A lot can happen to change the financial strength of a company. Lawsuits, mismanagement, union strikes, defective products, loss of market share or development of new technology have resulted in lowered credit ratings for previously strong corporations. While bad things can happen in a short amount of time, the longer the maturity on a bond, the greater the chance that something will negatively affect the issuer's credit rating. This is why interest rates on long maturities are higher than interest rates on similar credit-rated intermediate bonds. The higher interest rate makes up for the extra risk implied by the longer maturity.
Interest Rate Risk
Longer maturity bonds fluctuate in dollar price more than intermediate bonds for a given change in market yield rates. Take two imaginary bonds: The intermediate bond has a 5 percent coupon and matures in seven years. The long bond has a 5 percent coupon and matures in 30 years. Both bonds were issued at par, or $1,000 face value. If market yield rates rise to 8 percent, the intermediate bond will be worth $841.73 but the long bond will decline in price to $660.66 because of the length of time to maturity and how it affects the yield-to-maturity calculation. The price fluctuation will be similar, but positive, if interest rates decline.

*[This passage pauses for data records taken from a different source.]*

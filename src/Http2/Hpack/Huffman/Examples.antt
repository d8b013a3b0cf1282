-- ===== src/Http2/Hpack/Huffman/Examples.antt =====
-- Huffman strings of RFC 7541, appendix C, for src/KernelHttpLib/http2/Hpack.cpp.
use win_kernel_http.Common.{[], ◌∷◌, ◌≤◌, ◌≡◌, refl, some, All, length, arith}
use win_kernel_http.Common.Buffer.{Bytes, IsByte, bytes}
use win_kernel_http.Common.Status.{ok}
use win_kernel_http.Common.Text.{codes}
use win_kernel_http.Http2.Hpack.Huffman.{
  huffman_symbol, candidates, find_among, find_huffman_symbol, total_bits, huffman_encoded_length,
  huffman_encode, put_bit, put_code, put_symbols, finish_encoding, huffman_decode, emit, take_bit,
  take_byte, take_bytes, finish_decoding,
}
use win_kernel_http.Http2.Hpack.Huffman.RoundTrip.{huffman_round_trip}
use win_kernel_http.Http2.Hpack.Huffman.Canonical.{huffman_decode_sound}

abbrev text : Bytes
text = codes "www.example.com"

abbrev coded : Bytes
coded = 0xf1 ∷ 0xe3 ∷ 0xc2 ∷ 0xe5 ∷ 0xf2 ∷ 0x3a ∷ 0x6b ∷ 0xa0 ∷ 0xab ∷ 0x90 ∷ 0xf4 ∷ 0xff ∷ []

text_encoded : huffman_encode (bytes text) (some 12) ≡ ok coded
unfolding huffman_encode put_symbols put_code put_bit finish_encoding huffman_symbol
text_encoded = refl

text_decoded : huffman_decode (bytes coded) (some 15) ≡ ok text
unfolding huffman_decode take_bytes take_byte take_bit emit finish_decoding find_huffman_symbol
    find_among candidates huffman_symbol
text_decoded = refl

huffman_round_trip_example :
    (out : Bytes) × (huffman_encode (bytes (0x77 ∷ 0x2e ∷ [])) (some 4) ≡ ok out)
    × (length out ≡ huffman_encoded_length (bytes (0x77 ∷ 0x2e ∷ [])))
    × (huffman_decode (bytes out) (some 2) ≡ ok (0x77 ∷ 0x2e ∷ []))
unfolding huffman_encoded_length total_bits huffman_symbol
huffman_round_trip_example =
    huffman_round_trip (0x77 ∷ 0x2e ∷ []) 4 2 (omega arith, (omega arith, tt)) (omega arith)
      (omega arith) (omega arith)

huffman_decode_sound_example :
    (huffman_encode (bytes text) (some 12) ≡ ok coded) × All IsByte text × (15 ≤ 15)
huffman_decode_sound_example =
    huffman_decode_sound 15 coded text
      (
        omega arith,
        (
          omega arith,
          (
            omega arith,
            (
              omega arith,
              (
                omega arith,
                (
                  omega arith,
                  (
                    omega arith,
                    (omega arith, (omega arith, (omega arith, (omega arith, (omega arith, tt))))),
                  ),
                ),
              ),
            ),
          ),
        ),
      )
      text_decoded
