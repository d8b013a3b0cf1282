-- ===== src/Http2/Hpack/Integer/Examples.antt =====
-- Concrete integers of RFC 7541, appendix C.1, for src/KernelHttpLib/http2/Hpack.cpp.
use win_kernel_http.Common.{[], ◌∷◌, ◌++◌, ◌≤◌, ◌≡◌, refl, some, length, arith}
use win_kernel_http.Common.Buffer.{Bytes, bytes, byte_at}
use win_kernel_http.Common.Status.{ok}
use win_kernel_http.Http2.Hpack.Integer.{high_bits, encode_integer, decode_integer, decode_rest}
use win_kernel_http.Http2.Hpack.Integer.RoundTrip.{integer_round_trip}

integer_round_trip_example :
    (out : Bytes) × (encode_integer 1337 0x60 5 (some 16) ≡ ok out)
    × (length out ≤ 6)
    × (high_bits (byte_at out 0) 5 ≡ high_bits 0x60 5)
    × ((rest : Bytes) → decode_integer (bytes (out ++ rest)) 5 ≡ ok (1337, length out))
integer_round_trip_example = integer_round_trip 1337 0x60 5 16 (omega arith) refl (omega arith)

abbrev encoded_1337 : Bytes
encoded_1337 = 31 ∷ 154 ∷ 10 ∷ 0 ∷ []

decoded_1337 : decode_integer (bytes encoded_1337) 5 ≡ ok (1337, 3)
unfolding decode_integer decode_rest
decoded_1337 = refl
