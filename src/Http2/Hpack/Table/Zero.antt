-- ===== src/Http2/Hpack/Table/Zero.antt =====
-- A table of src/KernelHttpLib/http2/Hpack.cpp that Initialize sets up without storage.
use win_kernel_http.Common.{
  ℕ, ◌+◌, ◌-◌, ◌^◌, ◌≤◌, ◌<◌, ◌≡◌, refl, Bool, false, ltb, ◌||◌, length, arith, none, some,
}
use win_kernel_http.Common.Buffer.{Bytes}
use win_kernel_http.Common.Status.{ok, insufficient_resources}
use win_kernel_http.Http2.Hpack.Table.{
  Table, and_then, insert, update_max_size, initialize_table, reset_table, evict_while,
  compact_data, make_data_room, grow_data, make_entry_room, store, entry_overhead, max_size_t,
}
use win_kernel_http.Http2.Hpack.Table.Room.{data_limit}

abbrev empty_table : ℕ → Table → Table
empty_table limit old = record (reset_table old) { max_size = limit }

no_room :
    (data_allocated entries_allocated : Bool) (name value : Bytes) (t : Table)
    → t.entry_count ≡ 0
    → t.entry_capacity ≡ 0
    → t.data_used ≡ 0
    → length name + length value + entry_overhead ≤ t.max_size
    → t.max_size < 2 ^ 61
    → (and_then (make_data_room data_allocated (length name + length value) t) λ roomy.
        and_then
          (make_entry_room entries_allocated roomy)
          λ ready. (store name value ready, none)).1
      ≡ some insufficient_resources
unfolding make_data_room grow_data make_entry_room compact_data
no_room data_allocated entries_allocated name value t a b c d e =
    rw (data_limit t.max_size e) (ground arith)

update_empty :
    (limit : ℕ) (old : Table) → update_max_size limit (empty_table 0 old) ≡ empty_table limit old
unfolding update_max_size evict_while compact_data reset_table
update_empty limit old = refl

-- A table that `Initialize` sets up with size 0, and whose limit `UpdateMaxSize` raises to less
-- than 2^61: `Insert` of any field that fits the limit fails with STATUS_INSUFFICIENT_RESOURCES,
-- whether or not there is memory.
pub insert-empty_table :
    (data_allocated entries_allocated : Bool) (name value : Bytes) (limit : ℕ) (old : Table)
    → length name + length value + entry_overhead ≤ limit
    → limit < 2 ^ 61
    → (t : Table) × (initialize_table data_allocated entries_allocated 0 old ≡ ok t)
      × ((insert data_allocated entries_allocated name value (update_max_size limit t)).1
          ≡ some insufficient_resources)
unfolding initialize_table insert evict_while reset_table
insert-empty_table data_allocated entries_allocated name value limit old h l =
    let needed = length name + length value in
    let fits_in : (ltb (max_size_t - length value) (length name)
          || ltb (max_size_t - entry_overhead) needed)
        ≡ false =
      ground arith in
    let fits : ltb limit (needed + entry_overhead) ≡ false = ground arith in
    (
      empty_table 0 old,
      refl,
      rw (update_empty limit old, fits_in, fits)
          (no_room data_allocated entries_allocated name value (empty_table limit old) refl refl
            refl h l),
    )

For this reason, when interest rates are expected to rise, professional portfolio managers buy intermediate and short-term maturities. When interest rates are expected to fall, they buy the longest maturities they can, to maximize the profit potential from selling those bonds.
When interest rates are rising, it may be difficult to sell a long bond because investors would rather buy short to intermediate-term paper to avoid a loss in dollar value. When this happens, the market demands higher yields on longer bonds. Generally, buyers of long bonds tend to be insurance companies and pension funds that are buying more for the maturity date than the yield. They are more concerned with having bonds mature on a certain future date when large pension or annuity payments will be made to their customers.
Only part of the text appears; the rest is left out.